[libfaim.git] / src / md5.c

/*
  Copyright (C) 1999 Aladdin Enterprises.  All rights reserved.

  This software is provided 'as-is', without any express or implied
  warranty.  In no event will the authors be held liable for any damages
  arising from the use of this software.

  Permission is granted to anyone to use this software for any purpose,
  including commercial applications, and to alter it and redistribute it
  freely, subject to the following restrictions:

  1. The origin of this software must not be misrepresented; you must not
     claim that you wrote the original software.
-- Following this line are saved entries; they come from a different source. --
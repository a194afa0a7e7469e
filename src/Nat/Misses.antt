-- ===== src/Nat/Misses.antt =====
-- do_translation of nat.c when its search fails: what is appended, and what a later search finds.
use computer_network_labs.Router.Packet.{IpHeader}
use computer_network_labs.Base.{
  Bool-cases, ℕ, zero, suc, ◌+◌, ◌≤◌, ◌<◌, ◌≡◌, refl, sym, ap, ◌∙◌, inl, inr, Bool, true, false,
  List, [], ◌∷◌, ◌++◌, append_assoc, arith,
}
use computer_network_labs.Nat.Packet.{TcpHeader}
use computer_network_labs.Nat.Table.{nat_port_min, nat_port_max, list_index, NatMapping, NatTable}
use computer_network_labs.Nat.Translate.{
  is_external, is_internal, has, visit, port_loop, pool_size, free_port, received, sent,
  new_inbound, new_outbound, outbound_ports, inbound, outbound,
}
use computer_network_labs.Nat.Ports.{sent-Same, outbound_ports-grow}
use computer_network_labs.Nat.Flow.{set_at_same}

-- A search that fails appends.
visit_miss :
    (test : NatMapping → Bool) (change : NatMapping → NatMapping) (new : NatMapping)
    (xs : List NatMapping)
    → has test xs ≡ false
    → visit test change new xs ≡ (change new, xs ++ (change new ∷ []))
unfolding visit has
visit_miss test change new [] h = refl
visit_miss test change new (x ∷ xs) h = elim (Bool-cases (test x)) [
  | inl t ↦ absurd (ground (arith, t))
  | inr t ↦
      let h' : has test xs ≡ false = rw t at h in rw t (rw (visit_miss test change new xs h') refl)
]

has-append :
    (test : NatMapping → Bool) (xs ys : List NatMapping)
    → has test xs ≡ false
    → has test (xs ++ ys) ≡ has test ys
unfolding has
has-append test [] ys h = refl
has-append test (x ∷ xs) ys h = elim (Bool-cases (test x)) [
  | inl t ↦ absurd (ground (arith, t))
  | inr t ↦ rw t (has-append test xs ys (rw t at h))
]

-- The first entry behind a failing part is found.
visit-append :
    (test : NatMapping → Bool) (change : NatMapping → NatMapping) (new e : NatMapping)
    (xs ys : List NatMapping)
    → has test xs ≡ false
    → test e ≡ true
    → (visit test change new (xs ++ (e ∷ ys))).0 ≡ change e
unfolding visit has
visit-append test change new e [] ys h t = rw t refl
visit-append test change new e (x ∷ xs) ys h t = elim (Bool-cases (test x)) [
  | inl u ↦ absurd (ground (arith, u))
  | inr u ↦ rw u (visit-append test change new e xs ys (rw u at h) t)
]

-- All ports of the pool are assigned.
abbrev pub IsFull : (ℕ → Bool) → Type 0
IsFull ports = (p : ℕ) → nat_port_min ≤ p → p < nat_port_max → ports p ≡ true

port_loop-full :
    (n i : ℕ) (ports : ℕ → Bool)
    → ((p : ℕ) → i ≤ p → p < i + n → ports p ≡ true)
    → port_loop n i ports ≡ i + n
unfolding port_loop
port_loop-full zero i ports h = omega arith
port_loop-full (suc n) i ports h =
    rw (h i (omega arith) (omega arith))
      (port_loop-full n (suc i) ports (λ p a b. h p (omega arith) (omega arith)) ∙ omega arith)

pub free_port-full : (ports : ℕ → Bool) → IsFull ports → free_port ports ≡ nat_port_max
unfolding free_port
free_port-full ports h = port_loop-full pool_size nat_port_min ports (λ p a b. h p a b)

-- A packet from inside that begins a flow.
pub outbound_miss :
    (now : ℕ) (ip : IpHeader) (tcp : TcpHeader) (nat : NatTable)
    → has (is_internal ip.saddr tcp.sport) (nat.nat_mapping_list (list_index ip.daddr)) ≡ false
    → ((outbound now ip tcp nat).1 ≡ sent now tcp (new_outbound ip tcp nat))
      × ((outbound now ip tcp nat).0.nat_mapping_list (list_index ip.daddr)
          ≡ nat.nat_mapping_list (list_index ip.daddr)
            ++ (sent now tcp (new_outbound ip tcp nat) ∷ []))
unfolding outbound
outbound_miss now ip tcp nat h =
    let i = list_index ip.daddr in
    let miss =
      visit_miss (is_internal ip.saddr tcp.sport) (sent now tcp) (new_outbound ip tcp nat)
        (nat.nat_mapping_list i) h in
    (ap (λ x. x.0) miss, set_at_same i _ nat.nat_mapping_list ∙ ap (λ x. x.1) miss)

pub inbound_miss :
    (now : ℕ) (ip : IpHeader) (tcp : TcpHeader) (nat : NatTable)
    → has (is_external ip.daddr tcp.dport) (nat.nat_mapping_list (list_index ip.saddr)) ≡ false
    → (inbound now ip tcp nat).0.nat_mapping_list (list_index ip.saddr)
      ≡ nat.nat_mapping_list (list_index ip.saddr) ++ (received now tcp (new_inbound ip tcp) ∷ [])
unfolding inbound
inbound_miss now ip tcp nat h =
    let i = list_index ip.saddr in
    let miss =
      visit_miss (is_external ip.daddr tcp.dport) (received now tcp) (new_inbound ip tcp)
        (nat.nat_mapping_list i) h in
    set_at_same i _ nat.nat_mapping_list ∙ ap (λ x. x.1) miss

pub inbound_first :
    (now : ℕ) (ip : IpHeader) (tcp : TcpHeader) (nat : NatTable) (xs ys : List NatMapping)
    (e : NatMapping)
    → nat.nat_mapping_list (list_index ip.saddr) ≡ xs ++ (e ∷ ys)
    → has (is_external ip.daddr tcp.dport) xs ≡ false
    → is_external ip.daddr tcp.dport e ≡ true
    → (inbound now ip tcp nat).1 ≡ received now tcp e
unfolding inbound
inbound_first now ip tcp nat xs ys e l h t = rw l (
    visit-append (is_external ip.daddr tcp.dport) (received now tcp) (new_inbound ip tcp) e xs ys h
      t)

pub outbound_rest :
    (now : ℕ) (ip : IpHeader) (tcp : TcpHeader) (nat : NatTable)
    → ((outbound now ip tcp nat).0.external_iface ≡ nat.external_iface)
      × ((outbound now ip tcp nat).0.assigned_ports ≡ outbound_ports ip tcp nat)
unfolding outbound
outbound_rest now ip tcp nat = (refl, refl)

pub inbound_rest :
    (now : ℕ) (ip : IpHeader) (tcp : TcpHeader) (nat : NatTable)
    → ((inbound now ip tcp nat).0.external_iface ≡ nat.external_iface)
      × ((inbound now ip tcp nat).0.assigned_ports ≡ nat.assigned_ports)
unfolding inbound
inbound_rest now ip tcp nat = (refl, refl)

-- When the pool is full, a flow that begins gets the port behind it, and the pool stays full.
pub outbound_exhausted :
    (now : ℕ) (ip : IpHeader) (tcp : TcpHeader) (nat : NatTable)
    → IsFull nat.assigned_ports
    → has (is_internal ip.saddr tcp.sport) (nat.nat_mapping_list (list_index ip.daddr)) ≡ false
    → ((outbound now ip tcp nat).1.external_port ≡ nat_port_max)
      × IsFull (outbound now ip tcp nat).0.assigned_ports
outbound_exhausted now ip tcp nat full miss =
    let (_a, _b, _c, own_port) = sent-Same now tcp (new_outbound ip tcp nat) in
    (
      ap (λ (x : NatMapping). x.external_port) (outbound_miss now ip tcp nat miss).0
          ∙ own_port
          ∙ free_port-full nat.assigned_ports full,
      λ p a b.
          ap (λ f. f p) (outbound_rest now ip tcp nat).1
          ∙ outbound_ports-grow ip tcp nat p (full p a b),
    )

-- A flow that begins is appended, behind the entries of the list and another one.
pub outbound_second :
    (now : ℕ) (ip : IpHeader) (tcp : TcpHeader) (nat : NatTable) (i : ℕ) (xs : List NatMapping)
    (e : NatMapping)
    → list_index ip.daddr ≡ i
    → nat.nat_mapping_list i ≡ xs ++ (e ∷ [])
    → has (is_internal ip.saddr tcp.sport) (nat.nat_mapping_list (list_index ip.daddr)) ≡ false
    → (outbound now ip tcp nat).0.nat_mapping_list i
      ≡ xs ++ (e ∷ sent now tcp (new_outbound ip tcp nat) ∷ [])
outbound_second now ip tcp nat i xs e same l miss =
    let y = sent now tcp (new_outbound ip tcp nat) in
    ap (outbound now ip tcp nat).0.nat_mapping_list (sym same)
    ∙ (outbound_miss now ip tcp nat miss).1
    ∙ ap (λ k. nat.nat_mapping_list k ++ (y ∷ [])) same
    ∙ ap (λ zs. zs ++ (y ∷ [])) l
    ∙ append_assoc xs (e ∷ []) (y ∷ [])
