-- ===== src/Nat/Flaws.antt =====
-- do_translation of nat.c where it does not do what is meant.
use computer_network_labs.Router.Packet.{IpHeader}
use computer_network_labs.Nat.Misses.{
  IsFull, free_port-full, outbound_miss, inbound_miss, inbound_first, outbound_rest, inbound_rest,
  outbound_second,
}
use computer_network_labs.Base.{ℕ, ◌≡◌, sym, ap, ◌∙◌, subst, false, [], ◌∷◌}
use computer_network_labs.Nat.Packet.{TcpHeader}
use computer_network_labs.Nat.Table.{list_index, NatMapping, NatTable}
use computer_network_labs.Nat.Translate.{
  is_external, is_internal, has, free_port, received, sent, new_inbound, new_outbound, inbound,
  outbound,
}
use computer_network_labs.Nat.Ports.{sent-Same, received-Same, outbound_ports-grow}
use computer_network_labs.Nat.Flow.{is_external_refl}
use computer_network_labs.Device.{IfaceInfo}

-- When all ports of the pool are assigned, two flows that begin from inside to the same peer get
-- the same port, and a reply to the second is translated to the address and the port of the first,
-- if no entry of the list has that external address and port already.
pub inbound-outbound_exhausted :
    (now : ℕ) (ip ip' reply : IpHeader) (tcp tcp' back : TcpHeader) (nat : NatTable)
    → IsFull nat.assigned_ports
    → ip'.daddr ≡ ip.daddr
    → has (is_internal ip.saddr tcp.sport) (nat.nat_mapping_list (list_index ip.daddr)) ≡ false
    → has
        (is_internal ip'.saddr tcp'.sport)
        ((outbound now ip tcp nat).0.nat_mapping_list (list_index ip'.daddr))
      ≡ false
    → has (is_external reply.daddr back.dport) (nat.nat_mapping_list (list_index ip.daddr)) ≡ false
    → reply.saddr ≡ ip'.daddr
    → reply.daddr ≡ (outbound now ip' tcp' (outbound now ip tcp nat).0).1.external_ip
    → back.dport ≡ (outbound now ip' tcp' (outbound now ip tcp nat).0).1.external_port
    → ((inbound now reply back (outbound now ip' tcp' (outbound now ip tcp nat).0).0).1.internal_ip
        ≡ ip.saddr)
      × ((inbound now reply back
            (outbound now ip' tcp' (outbound now ip tcp nat).0).0).1.internal_port
          ≡ tcp.sport)
inbound-outbound_exhausted now ip ip' reply tcp tcp' back nat full same miss miss' clear from to
      port =
    let nat1 = (outbound now ip tcp nat).0 in
    let nat2 = (outbound now ip' tcp' nat1).0 in
    let e = sent now tcp (new_outbound ip tcp nat) in
    let e' = sent now tcp' (new_outbound ip' tcp' nat1) in
    let (iface_kept, pool) = outbound_rest now ip tcp nat in
    let (_a, _b, own_ip, own_port) = sent-Same now tcp (new_outbound ip tcp nat) in
    let (_c, _d, own_ip', own_port') = sent-Same now tcp' (new_outbound ip' tcp' nat1) in
    let full1 : IsFull nat1.assigned_ports =
      λ p a b. ap (λ f. f p) pool ∙ outbound_ports-grow ip tcp nat p (full p a b) in
    let second = (outbound_miss now ip' tcp' nat1 miss').0 in
    let list =
      outbound_second now ip' tcp' nat1 (list_index ip.daddr)
        (nat.nat_mapping_list (list_index ip.daddr)) e (ap list_index same)
        (outbound_miss now ip tcp nat miss).1 miss' in
    let external =
      is_external_refl reply.daddr back.dport e
        (own_ip
          ∙ ap (λ (x : IfaceInfo). x.ip) (sym iface_kept)
          ∙ sym own_ip'
          ∙ ap (λ (x : NatMapping). x.external_ip) (sym second)
          ∙ sym to)
        (own_port
          ∙ free_port-full nat.assigned_ports full
          ∙ sym (free_port-full nat1.assigned_ports full1)
          ∙ sym own_port'
          ∙ ap (λ (x : NatMapping). x.external_port) (sym second)
          ∙ sym port) in
    let found =
      inbound_first now reply back nat2 (nat.nat_mapping_list (list_index ip.daddr)) (e' ∷ []) e
        (ap (λ a. nat2.nat_mapping_list (list_index a)) (from ∙ same) ∙ list) clear external in
    let (in_ip, in_port, _e, _f) = received-Same now back e in
    (
      ap (λ (x : NatMapping). x.internal_ip) found ∙ in_ip ∙ _a,
      ap (λ (x : NatMapping). x.internal_port) found ∙ in_port ∙ _b,
    )

-- A packet from outside to the external address and the port that is assigned next, when no entry
-- has them, makes an entry; after it, the flow that begins from inside to the same peer gets that
-- port, and the reply to it is translated to address 0 and port 0.
pub inbound-outbound_intruder :
    (now : ℕ) (probe ip reply : IpHeader) (intruder tcp back : TcpHeader) (nat : NatTable)
    → ip.daddr ≡ probe.saddr
    → reply.saddr ≡ probe.saddr
    → probe.daddr ≡ nat.external_iface.ip
    → intruder.dport ≡ free_port nat.assigned_ports
    → has (is_external probe.daddr intruder.dport) (nat.nat_mapping_list (list_index probe.saddr))
      ≡ false
    → has
        (is_internal ip.saddr tcp.sport)
        ((inbound now probe intruder nat).0.nat_mapping_list (list_index ip.daddr))
      ≡ false
    → reply.daddr ≡ (outbound now ip tcp (inbound now probe intruder nat).0).1.external_ip
    → back.dport ≡ (outbound now ip tcp (inbound now probe intruder nat).0).1.external_port
    → ((inbound now reply back
          (outbound now ip tcp (inbound now probe intruder nat).0).0).1.internal_ip
        ≡ 0)
      × ((inbound now reply back
            (outbound now ip tcp (inbound now probe intruder nat).0).0).1.internal_port
          ≡ 0)
inbound-outbound_intruder now probe ip reply intruder tcp back nat same from addr port clear miss to
      at =
    let nat1 = (inbound now probe intruder nat).0 in
    let nat2 = (outbound now ip tcp nat1).0 in
    let e = received now intruder (new_inbound probe intruder) in
    let e' = sent now tcp (new_outbound ip tcp nat1) in
    let (iface_kept, pool) = inbound_rest now probe intruder nat in
    let (no_ip, no_port, own_ip, own_port) =
      received-Same now intruder (new_inbound probe intruder) in
    let (_c, _d, own_ip', own_port') = sent-Same now tcp (new_outbound ip tcp nat1) in
    let second = (outbound_miss now ip tcp nat1 miss).0 in
    let i = list_index probe.saddr in
    let list =
      outbound_second now ip tcp nat1 i (nat.nat_mapping_list i) e (ap list_index same)
        (inbound_miss now probe intruder nat clear) miss in
    let same_ip : probe.daddr ≡ reply.daddr =
      addr
      ∙ ap (λ (x : IfaceInfo). x.ip) (sym iface_kept)
      ∙ sym own_ip'
      ∙ ap (λ (x : NatMapping). x.external_ip) (sym second)
      ∙ sym to in
    let same_port : intruder.dport ≡ back.dport =
      port
      ∙ ap free_port (sym pool)
      ∙ sym own_port'
      ∙ ap (λ (x : NatMapping). x.external_port) (sym second)
      ∙ sym at in
    let found =
      inbound_first now reply back nat2 (nat.nat_mapping_list i) (e' ∷ []) e
        (ap (λ a. nat2.nat_mapping_list (list_index a)) from ∙ list)
        (subst (λ a. has (is_external a back.dport) (nat.nat_mapping_list i) ≡ false) same_ip
          (subst (λ p. has (is_external probe.daddr p) (nat.nat_mapping_list i) ≡ false) same_port
            clear))
        (is_external_refl reply.daddr back.dport e (own_ip ∙ same_ip) (own_port ∙ same_port)) in
    let (in_ip, in_port, _e, _f) = received-Same now back e in
    (
      ap (λ (x : NatMapping). x.internal_ip) found ∙ in_ip ∙ no_ip,
      ap (λ (x : NatMapping). x.internal_port) found ∙ in_port ∙ no_port,
    )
If you use this software
     in a product, an acknowledgment in the product documentation would be
     appreciated but is not required.
  2. Altered source versions must be plainly marked as such, and must not be
     misrepresented as being the original software.
  3. This notice may not be removed or altered from any source distribution.

  L. Peter Deutsch
  ghost@aladdin.com

 */
/*
  Independent implementation of MD5 (RFC 1321).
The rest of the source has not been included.